After successfully installing the library:

```bash
$ gem install rb-gsl
```

## Examples

You can find automatically generated documentation on [RubyDoc](http://www.rubydoc.info/github/sciruby/distribution/master).

```
# Returns Gaussian PDF for x.
pdf = Distribution::Normal.pdf(x)

# Returns Gaussian CDF for x.
cdf = Distribution::Normal.cdf(x)

# Returns inverse CDF (or p-value) for x.
pv = Distribution::Normal.p_value(x)

# API.

# You would normally use the following
p = Distribution::T.cdf(x)

# to get the cumulative probability of `x`. However, you can also:

include Distribution::Shorthand
tdist_cdf(x)
```

## API Structure

```ruby
Distribution::<name>.(cdf|pdf|p_value|rng)
```

On discrete distributions, exact Ruby implementations of pdf, cdf and p_value could be provided, using

```
  Distribution::<name>.exact_(cdf|pdf|p_value)
```

module Distribution::Shorthand provides (you guess?) shortands method to call all methods

```
  <Distribution shortname>_(cdf|pdf|p|r)
```

On discrete distributions, exact cdf, pdf and p_value are

```
  <Distribution shortname>_(ecdf|epdf|ep)
```

Shortnames for distributions:

  * Normal: norm
  * Bivariate Normal: bnor
  * T: tdist
  * F: fdist
  * Chi Square: chisq
  * Binomial: bino
  * Hypergeometric: hypg
  * Exponential: expo
  * Poisson: pois
  * Beta: beta
  * Gamma: gamma
  * LogNormal: lognormal
  * Uniform: unif

## Roadmap

This gem wasn't updated for a long time before I started working on it, so there are a lot of work to do.

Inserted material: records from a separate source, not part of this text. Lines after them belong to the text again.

-- ===== src/Output.antt =====
-- internal/output/printer.go: tables and JSON on standard output. The layout of package text/tabwriter and
-- the encoder of encoding/json are parameters. A text is its code points: 9 is a tab, 10 a line feed.
pub mod Ends
use text.Mathlib.Text.{◌==◌ as str_eq}
use jobsd.Common.{
  ℕ, zero, suc, Bool, true, false, not, List, [], ◌∷◌, ◌++◌, String, if◌then◌else◌, map,
}
use jobsd.Common.Text.{Runes, runes}
use jobsd.Result.{system, invalid, Result, ok, err, hang}
use jobsd.Action.{Action, pure, lift, ◌>>=◌, ◌>>◌, refuse_if}

pub data Format : Type 0 where
  table json : Format

unfoldable pub parse_format : String → Result Format
parse_format value =
    if str_eq value "table"
    then ok Format.table
    else if str_eq value "json"
    then ok Format.json
    else err (invalid "unsupported output format")

abbrev pub is_table : Format → Bool
is_table Format.table = true
is_table Format.json = false

-- Standard output, and the text that the tab writer of the table in work has been given. A write
-- fails as `refuses` says.
pub record Terminal : Type 0 where
  pub table_text : Runes
  pub screen : Runes
  pub refuses : ℕ → Bool
  pub writes : ℕ

pub record Field : Type 0 where
  pub name : Runes
  pub value : Runes

abbrev pub counted : Terminal → Terminal
counted t = record t { writes = suc t.writes }

-- a write that succeeds changes the terminal
abbrev pub write : (Terminal → Terminal) → Action Terminal Unit
write change t = if t.refuses t.writes then (err system, counted t) else (ok tt, change (counted t))

-- io.WriteString to the tab writer, and to the terminal
abbrev pub write_string : Runes → Action Terminal Unit
write_string s = write (λ t. record t { table_text = t.table_text ++ s })

abbrev pub show : Runes → Action Terminal Unit
show s = write (λ t. record t { screen = t.screen ++ s })

-- `if index > 0`
abbrev pub separate : ℕ → Action Terminal Unit
separate zero = pure tt
separate (suc index) = write_string (9 ∷ [])

-- the loop of writeRow, from an index on
unfoldable pub write_columns : ℕ → List Runes → Action Terminal Unit
write_columns index [] = pure tt
write_columns index (column ∷ columns) = do
  separate index
  write_string column
  write_columns (suc index) columns

unfoldable pub write_row : List Runes → Action Terminal Unit
unfolding write_columns
write_row columns = do write_columns 0 columns; write_string (10 ∷ [])

unfoldable pub write_rows : List (List Runes) → Action Terminal Unit
unfolding write_row
write_rows [] = pure tt
write_rows (row ∷ rows) = do write_row row; write_rows rows

-- tabwriter.NewWriter
abbrev pub new_writer : Action Terminal Unit
new_writer t = (ok tt, record t { table_text = [] })

module _ (align : Runes → Runes) where
  -- writer.Flush
  abbrev pub flush : Action Terminal Unit
  flush = write (λ t. record t { screen = t.screen ++ align t.table_text })

  unfoldable pub print_table : Format → List Runes → List (List Runes) → Action Terminal Unit
  unfolding write_row write_rows
  print_table format headers rows = do
    refuse_if (not (is_table format)) (invalid "table output is not supported")
    new_writer
    write_row headers
    write_rows rows
    flush

  unfoldable pub print_fields : Format → List Field → Action Terminal Unit
  unfolding print_table
  print_fields format fields =
      print_table format (runes "FIELD" ∷ runes "VALUE" ∷ [])
        (map (λ (f : Field). f.name ∷ f.value ∷ []) fields)

-- encoder.Encode, which writes once
abbrev pub print_json : {A : Type 0} → (A → Runes) → A → Action Terminal Unit
print_json encode value = show (encode value)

The first priority is cleaning the interface and removing cruft whenever possible. After that, I want to implement more distributions and make sure that each one has a RNG.

### Short-term

- Define a minimal interface for continuous and discrete distributions (e.g. mean, variance, mode, skewness, kurtosis, pdf, cdf, quantile, cquantile).
- Implement `Distribution::Uniform` with the default Ruby `Random`.
- Clean up the implementation of normal distribution. Implement the necessary functions.
- The same for Student's t, chi square, Fisher-Snedecor, beta, gamma, lognormal, logistic.
- The same for discrete distributions: binomial, hypergeometric, bernoulli (still missing), etc.

### Medium-term

- Implement [DSFMT](http://www.math.sci.hiroshima-u.ac.jp/~m-mat/MT/SFMT/) for the uniform random generator.
- Cauchy distribution.

### Long-term

- Implementing everything in the distributions x functions table above.

## Issues

* On JRuby and Rubinius, BivariateNormal returns incorrect pdf

For current issues see the [issue tracker pages](https://github.com/sciruby/distribution/issues).

## OMG! I want to help!

Everyone is welcome to help! Please, test these distributions with your own use
cases and give a shout on the issue tracker if you find a problem or something
is strange or hard to use. Documentation pull requests are totally welcome.
More generally, any ideas or suggestions are welcome -- even by private e-mail.

If you want to provide a new distribution, run `lib/distribution`:

```
$ distribution --new your_distribution
```

This should create the main distribution file, the directory with Ruby and GSL engines and specs on the spec/ directory.